Incipient functional SARS-CoV-2 diversification identified through neural network haplotype maps

Article

Delgado, Soledad; Somovilla, Pilar; Ferrer-Orta, Cristina; Martinez-Gonzalez, Brenda; Vazquez-Monteagudo, Sergi; Munoz-Flores, Javier; Soria, Maria Eugenia; Garcia-Crespo, Carlos; de Avila, Ana Isabel; Duran-Pastor, Antoni; Gadea, Ignacio; Lopez-Galindez, Cecilio; Moran, Federico; Lorenzo-Redondo, Ramon; Verdaguer, Nuria; Perales, Celia; Domingo, Esteban

Universidad Politecnica de Madrid; Consejo Superior de Investigaciones Cientificas (CSIC); CSIC - Centro de Biologia Molecular Severo Ochoa (CBM); Autonomous University of Madrid; Consejo Superior de Investigaciones Cientificas (CSIC); CSIC - Instituto de Biologia Molecular de Barcelona (IBMB); Consejo Superior de Investigaciones Cientificas (CSIC); CSIC - Centro Nacional de Biotecnologia (CNB); Autonomous University of Madrid; Instituto de Salud Carlos III; Centro Nacional de Microbiologia (CNM); Complutense University of Madrid; Northwestern University; Feinberg School of Medicine

PROCEEDINGS OF THE NATIONAL ACADEMY OF SCIENCES OF THE UNITED STATES OF AMERICA

0027-14939

10.1073/pnas.2317851121

2024-03-05

Since its introduction in the human population, SARS-CoV-2 has evolved into multiple clades, but the events in its intrahost diversification are not well understood. Here, we compare three- dimensional (3D) self- organized neural haplotype maps (SOMs) of SARS-CoV-2 from thirty individual nasopharyngeal diagnostic samples obtained within a 19- day interval in Madrid (Spain), at the time of transition between clades 19 and 20. SOMs have been trained with the haplotype repertoire present in the mutant spectra of the nsp12- and spike (S)- coding regions. Each SOM consisted of a dominant neuron (displaying the maximum frequency), surrounded by a low- frequency neuron cloud. The sequence of the master (dominant) neuron was either identical to that of the reference Wuhan- Hu- 1 genome or differed from it at one nucleotide position. Six different deviant haplotype sequences were identified among the master neurons. Some of the substitutions in the neural clouds affected critical sites of the nsp12-nsp8-nsp7 polymerase complex and resulted in altered kinetics of RNA synthesis in an in vitro primer extension assay.
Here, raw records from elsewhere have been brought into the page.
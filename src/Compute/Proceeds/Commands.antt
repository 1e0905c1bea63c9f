-- ===== src/Compute/Proceeds/Commands.antt =====
-- The commands of a client.
use robot_harness.Base.{ℕ, Bool, Option, none, some, List, [], ◌∷◌, refl}
use robot_harness.Action.Rules.{Relates}
use robot_harness.Gate.Types.{OperationAuthority}
use robot_harness.Gate.Calls.{run, claim}
use robot_harness.Compute.Types.{
  ComputeProcess, ProcessObservation, ComputeRequest, ComputeSubmission,
}
use robot_harness.Compute.Host.{ComputeHost, call}
use robot_harness.Compute.Prepare.{
  initialize, admit_request, prepare, launch_of, launch, start_process, claim_and_start,
  dispatch_request, dispatch_prepared, submit_prepared, submit, request_cancel, cancel_own,
}
use robot_harness.Compute.Polling.{
  check_support, observe_events, poll_process, poll_once, poll, begin_shutdown,
}
use robot_harness.Compute.Commands.{ComputeCommand, execute_command, execute_commands}
use robot_harness.Compute.Proceeds.{
  Proceeds, Proceeds-IsPreorder, proceeds_rules, call-Proceeds, Yields-refl,
}
use robot_harness.Compute.Proceeds.Control.{
  on_process-Proceeds, report_native-Proceeds, settle_unsubmitted-Proceeds, apply_stop-Proceeds,
  expire-Proceeds, withdraw_binding-Proceeds, observe_capabilities-Proceeds,
}
use robot_harness.Compute.Proceeds.Finish.{
  finish-Proceeds, observe_process_events-Proceeds, update_shutdown_status-Proceeds,
}
use robot_harness.Compute.Proceeds.Rebind.{
  report_startups-Proceeds, keep_prepared-Proceeds, rebind_provider-Proceeds,
}

module _ {X : Type 0} (P : ComputeProcess X) where
  initialize-Proceeds : Relates Proceeds (initialize P)
  unfolding initialize
  initialize-Proceeds =
      search (proceeds_rules, observe_capabilities-Proceeds, report_startups-Proceeds) depth 16 fits
        9000

  admit_request-Proceeds : (q : ComputeRequest) → Relates Proceeds (admit_request P q)
  unfolding admit_request
  admit_request-Proceeds q =
      search (proceeds_rules, observe_capabilities-Proceeds, keep_prepared-Proceeds) depth 16 fits
        9000

  prepare-Proceeds : (q : ComputeRequest) → Relates Proceeds (prepare P q)
  unfolding prepare
  prepare-Proceeds q = search (proceeds_rules, admit_request-Proceeds) depth 12 fits 5000

  launch_of-Proceeds : (o : Option X) → Relates Proceeds (launch_of P o)
  unfolding launch_of run
  launch_of-Proceeds none = record { at = Proceeds-IsPreorder.reflexive }
  launch_of-Proceeds (some x) = record {
    at = λ s. record { calls = []; driven = refl; yields = Yields-refl s.gate s.result };
  }

  launch-Proceeds : Relates Proceeds (launch P)
  unfolding launch
  launch-Proceeds = record { at = λ s. (launch_of-Proceeds s.process).at s }

  start_process-Proceeds : (a : OperationAuthority) → Relates Proceeds (start_process P a)
  unfolding start_process
  start_process-Proceeds a =
      search (proceeds_rules, launch-Proceeds, settle_unsubmitted-Proceeds, report_native-Proceeds)
        depth 16 fits 9000

  claim_call-Proceeds :
      (a : OperationAuthority) (t : ℕ)
      → Relates {S = ComputeHost X} {A = Bool} Proceeds (call (claim a t))
  claim_call-Proceeds a t = call-Proceeds (claim a t)

  claim_and_start-Proceeds :
      (a : OperationAuthority) (q : ComputeRequest) → Relates Proceeds (claim_and_start P a q)
  unfolding claim_and_start
  claim_and_start-Proceeds a q =
      search
        (
          proceeds_rules, expire-Proceeds, claim_call-Proceeds, settle_unsubmitted-Proceeds,
          start_process-Proceeds,
        )
        depth 18 fits 9000

  dispatch_request-Proceeds :
      (a : OperationAuthority) (o : Option ComputeRequest)
      → Relates Proceeds (dispatch_request P a o)
  unfolding dispatch_request
  dispatch_request-Proceeds a none = search proceeds_rules
  dispatch_request-Proceeds a (some q) =
      search (proceeds_rules, observe_capabilities-Proceeds, claim_and_start-Proceeds) depth 14 fits
        5000

  dispatch_prepared-Proceeds : (a : OperationAuthority) → Relates Proceeds (dispatch_prepared P a)
  unfolding dispatch_prepared
  dispatch_prepared-Proceeds a = search (proceeds_rules, dispatch_request-Proceeds)

  submit_prepared-Proceeds :
      (b : ComputeSubmission) (o : Option OperationAuthority)
      → Relates Proceeds (submit_prepared P b o)
  unfolding submit_prepared
  submit_prepared-Proceeds b none = search proceeds_rules
  submit_prepared-Proceeds b (some a) = search (proceeds_rules, dispatch_prepared-Proceeds)

  submit-Proceeds : (q : ComputeRequest) → Relates Proceeds (submit P q)
  unfolding submit
  submit-Proceeds q = search (proceeds_rules, prepare-Proceeds, submit_prepared-Proceeds)

  request_cancel-Proceeds : (a : OperationAuthority) → Relates Proceeds (request_cancel P a)
  unfolding request_cancel
  request_cancel-Proceeds a =
      search (proceeds_rules, apply_stop-Proceeds, settle_unsubmitted-Proceeds) depth 16 fits 9000

  cancel_own-Proceeds : (o : Option OperationAuthority) → Relates Proceeds (cancel_own P o)
  unfolding cancel_own
  cancel_own-Proceeds none = search proceeds_rules
  cancel_own-Proceeds (some a) = search (proceeds_rules, request_cancel-Proceeds)

  check_support-Proceeds : Relates Proceeds (check_support P)
  unfolding check_support
  check_support-Proceeds = search (proceeds_rules, withdraw_binding-Proceeds) depth 20 fits 9000

  observe_events-Proceeds :
      (a : Option OperationAuthority) (o : Option ProcessObservation)
      → Relates Proceeds (observe_events P a o)
  unfolding observe_events
  observe_events-Proceeds (some a) (some o) = observe_process_events-Proceeds a o
  observe_events-Proceeds none o = search proceeds_rules
  observe_events-Proceeds (some a) none = search proceeds_rules

  poll_process-Proceeds : Relates Proceeds (poll_process P)
  unfolding poll_process
  poll_process-Proceeds =
      search
        (
          proceeds_rules, check_support-Proceeds, on_process-Proceeds, cancel_own-Proceeds,
          observe_events-Proceeds, finish-Proceeds,
        )
        depth 20 fits 9000

  poll_once-Proceeds : Relates Proceeds (poll_once P)
  unfolding poll_once
  poll_once-Proceeds =
      search
        (
          proceeds_rules, observe_capabilities-Proceeds, expire-Proceeds,
          settle_unsubmitted-Proceeds, poll_process-Proceeds, update_shutdown_status-Proceeds,
        )
        depth 20 fits 9000

  poll-Proceeds : Relates Proceeds (poll P)
  unfolding poll
  poll-Proceeds = search (proceeds_rules, poll_once-Proceeds)

  begin_shutdown-Proceeds : Relates Proceeds (begin_shutdown P)
  unfolding begin_shutdown
  begin_shutdown-Proceeds =
      search (proceeds_rules, cancel_own-Proceeds, poll-Proceeds) depth 16 fits 9000

  execute_command-Proceeds : (c : ComputeCommand) → Relates Proceeds (execute_command P c)
  unfolding execute_command
  execute_command-Proceeds ComputeCommand.initializes = search (proceeds_rules, initialize-Proceeds)
  execute_command-Proceeds ComputeCommand.polls = poll-Proceeds
  execute_command-Proceeds ComputeCommand.begins_shutdown = begin_shutdown-Proceeds
  execute_command-Proceeds (ComputeCommand.withdraws b) =
      search (proceeds_rules, withdraw_binding-Proceeds)
  execute_command-Proceeds (ComputeCommand.rebinds b p e) =
      search (proceeds_rules, rebind_provider-Proceeds)
  execute_command-Proceeds (ComputeCommand.prepares q) = search (proceeds_rules, prepare-Proceeds)
  execute_command-Proceeds (ComputeCommand.submits q) = search (proceeds_rules, submit-Proceeds)
  execute_command-Proceeds (ComputeCommand.dispatches a) =
      search (proceeds_rules, dispatch_prepared-Proceeds)
  execute_command-Proceeds (ComputeCommand.cancels a) =
      search (proceeds_rules, request_cancel-Proceeds)

  -- Any commands, one after another.
  pub execute_commands-Proceeds :
      (cs : List ComputeCommand) (h : ComputeHost X) → Proceeds h (execute_commands P cs h)
  unfolding execute_commands
  execute_commands-Proceeds [] h = Proceeds-IsPreorder.reflexive h
  execute_commands-Proceeds (c ∷ cs) h =
      Proceeds-IsPreorder.transitive h (execute_command P c h).1
        (execute_commands P cs (execute_command P c h).1) ((execute_command-Proceeds c).at h)
        (execute_commands-Proceeds cs (execute_command P c h).1)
Thus, the analysis has identified mutations that are relevant to modification of viral RNA synthesis, present in the mutant clouds of SARS-CoV-2 quasispecies. These mutations most likely occurred during intrahost diversification in several COVID-19 patients, during an initial stage of the pandemic, and within a brief time period.